### Work instruction
Which of the lines below holds the string "report"? Copy every line that does.

───── Data under study

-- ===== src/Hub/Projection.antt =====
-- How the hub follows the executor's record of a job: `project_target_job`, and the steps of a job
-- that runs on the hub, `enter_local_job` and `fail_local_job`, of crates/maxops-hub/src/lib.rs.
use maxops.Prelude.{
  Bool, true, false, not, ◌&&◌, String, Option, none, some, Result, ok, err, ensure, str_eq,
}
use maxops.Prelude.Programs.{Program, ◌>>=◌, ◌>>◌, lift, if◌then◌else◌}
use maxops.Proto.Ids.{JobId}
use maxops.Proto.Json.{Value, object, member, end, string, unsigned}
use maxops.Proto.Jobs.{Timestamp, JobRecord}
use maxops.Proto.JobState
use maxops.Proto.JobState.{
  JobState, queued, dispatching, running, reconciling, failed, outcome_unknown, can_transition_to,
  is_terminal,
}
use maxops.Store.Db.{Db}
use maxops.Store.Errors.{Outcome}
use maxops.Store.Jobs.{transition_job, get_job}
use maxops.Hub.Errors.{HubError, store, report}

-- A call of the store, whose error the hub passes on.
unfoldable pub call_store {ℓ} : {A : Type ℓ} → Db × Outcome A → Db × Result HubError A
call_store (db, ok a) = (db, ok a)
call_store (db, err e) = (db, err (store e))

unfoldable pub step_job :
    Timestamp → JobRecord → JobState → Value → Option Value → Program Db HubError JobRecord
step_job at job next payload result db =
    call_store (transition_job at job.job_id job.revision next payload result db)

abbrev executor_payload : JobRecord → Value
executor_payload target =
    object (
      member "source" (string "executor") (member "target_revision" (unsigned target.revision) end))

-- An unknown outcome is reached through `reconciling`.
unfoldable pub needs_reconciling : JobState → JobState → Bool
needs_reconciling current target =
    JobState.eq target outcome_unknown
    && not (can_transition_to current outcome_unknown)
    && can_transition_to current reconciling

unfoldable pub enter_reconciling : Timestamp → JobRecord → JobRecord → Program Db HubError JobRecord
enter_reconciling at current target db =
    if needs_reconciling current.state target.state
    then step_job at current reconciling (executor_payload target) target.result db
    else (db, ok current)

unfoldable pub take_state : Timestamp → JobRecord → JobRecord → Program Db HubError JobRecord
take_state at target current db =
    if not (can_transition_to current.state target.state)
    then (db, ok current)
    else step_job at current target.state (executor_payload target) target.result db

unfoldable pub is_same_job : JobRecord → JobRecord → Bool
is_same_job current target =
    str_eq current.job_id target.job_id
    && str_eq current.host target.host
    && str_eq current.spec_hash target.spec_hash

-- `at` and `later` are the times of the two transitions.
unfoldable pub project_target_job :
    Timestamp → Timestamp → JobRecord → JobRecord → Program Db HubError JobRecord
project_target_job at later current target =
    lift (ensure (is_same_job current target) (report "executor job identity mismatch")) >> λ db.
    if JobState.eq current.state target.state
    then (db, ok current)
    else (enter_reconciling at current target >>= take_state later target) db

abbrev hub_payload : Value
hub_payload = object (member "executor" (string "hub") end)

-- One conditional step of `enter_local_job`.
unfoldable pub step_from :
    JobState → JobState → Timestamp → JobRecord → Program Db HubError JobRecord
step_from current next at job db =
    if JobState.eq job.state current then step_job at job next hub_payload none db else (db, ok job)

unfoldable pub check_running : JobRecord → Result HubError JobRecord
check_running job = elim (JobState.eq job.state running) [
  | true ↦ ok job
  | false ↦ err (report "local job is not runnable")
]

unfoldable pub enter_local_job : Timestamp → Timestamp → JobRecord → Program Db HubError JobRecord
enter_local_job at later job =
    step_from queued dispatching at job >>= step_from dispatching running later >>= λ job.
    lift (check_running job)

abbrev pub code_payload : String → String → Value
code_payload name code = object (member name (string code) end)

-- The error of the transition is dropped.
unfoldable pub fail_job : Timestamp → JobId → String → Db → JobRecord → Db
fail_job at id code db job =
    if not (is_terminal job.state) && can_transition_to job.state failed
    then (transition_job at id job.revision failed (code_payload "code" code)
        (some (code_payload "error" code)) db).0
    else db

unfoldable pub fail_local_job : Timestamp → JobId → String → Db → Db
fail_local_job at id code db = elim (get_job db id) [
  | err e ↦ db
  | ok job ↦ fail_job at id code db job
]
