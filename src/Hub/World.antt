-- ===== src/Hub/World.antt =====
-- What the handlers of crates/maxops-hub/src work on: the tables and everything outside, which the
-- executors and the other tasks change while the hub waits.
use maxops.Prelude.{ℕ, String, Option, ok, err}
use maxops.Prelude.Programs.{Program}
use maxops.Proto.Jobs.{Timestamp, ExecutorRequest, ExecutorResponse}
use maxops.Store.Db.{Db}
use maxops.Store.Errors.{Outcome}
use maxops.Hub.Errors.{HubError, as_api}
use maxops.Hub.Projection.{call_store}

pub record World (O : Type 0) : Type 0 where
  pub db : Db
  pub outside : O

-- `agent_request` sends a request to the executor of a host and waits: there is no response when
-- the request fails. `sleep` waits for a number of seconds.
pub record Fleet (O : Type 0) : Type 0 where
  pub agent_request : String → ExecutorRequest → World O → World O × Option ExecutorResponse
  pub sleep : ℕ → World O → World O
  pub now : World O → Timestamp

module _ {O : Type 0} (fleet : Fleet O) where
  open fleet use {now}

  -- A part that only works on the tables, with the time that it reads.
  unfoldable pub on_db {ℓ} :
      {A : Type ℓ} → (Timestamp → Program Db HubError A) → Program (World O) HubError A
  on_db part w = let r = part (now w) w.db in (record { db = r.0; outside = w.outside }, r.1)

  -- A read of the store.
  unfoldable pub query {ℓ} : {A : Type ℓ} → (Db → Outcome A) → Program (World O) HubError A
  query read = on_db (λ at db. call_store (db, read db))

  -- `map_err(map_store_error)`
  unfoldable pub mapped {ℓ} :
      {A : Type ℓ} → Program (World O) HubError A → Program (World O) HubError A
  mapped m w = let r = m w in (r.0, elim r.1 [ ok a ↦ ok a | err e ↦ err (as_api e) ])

──────────

### Result of this exercise
use maxops.Hub.Errors.{HubError, store, report}
    lift (ensure (is_same_job current target) (report "executor job identity mismatch")) >> λ db.
  | false ↦ err (report "local job is not runnable")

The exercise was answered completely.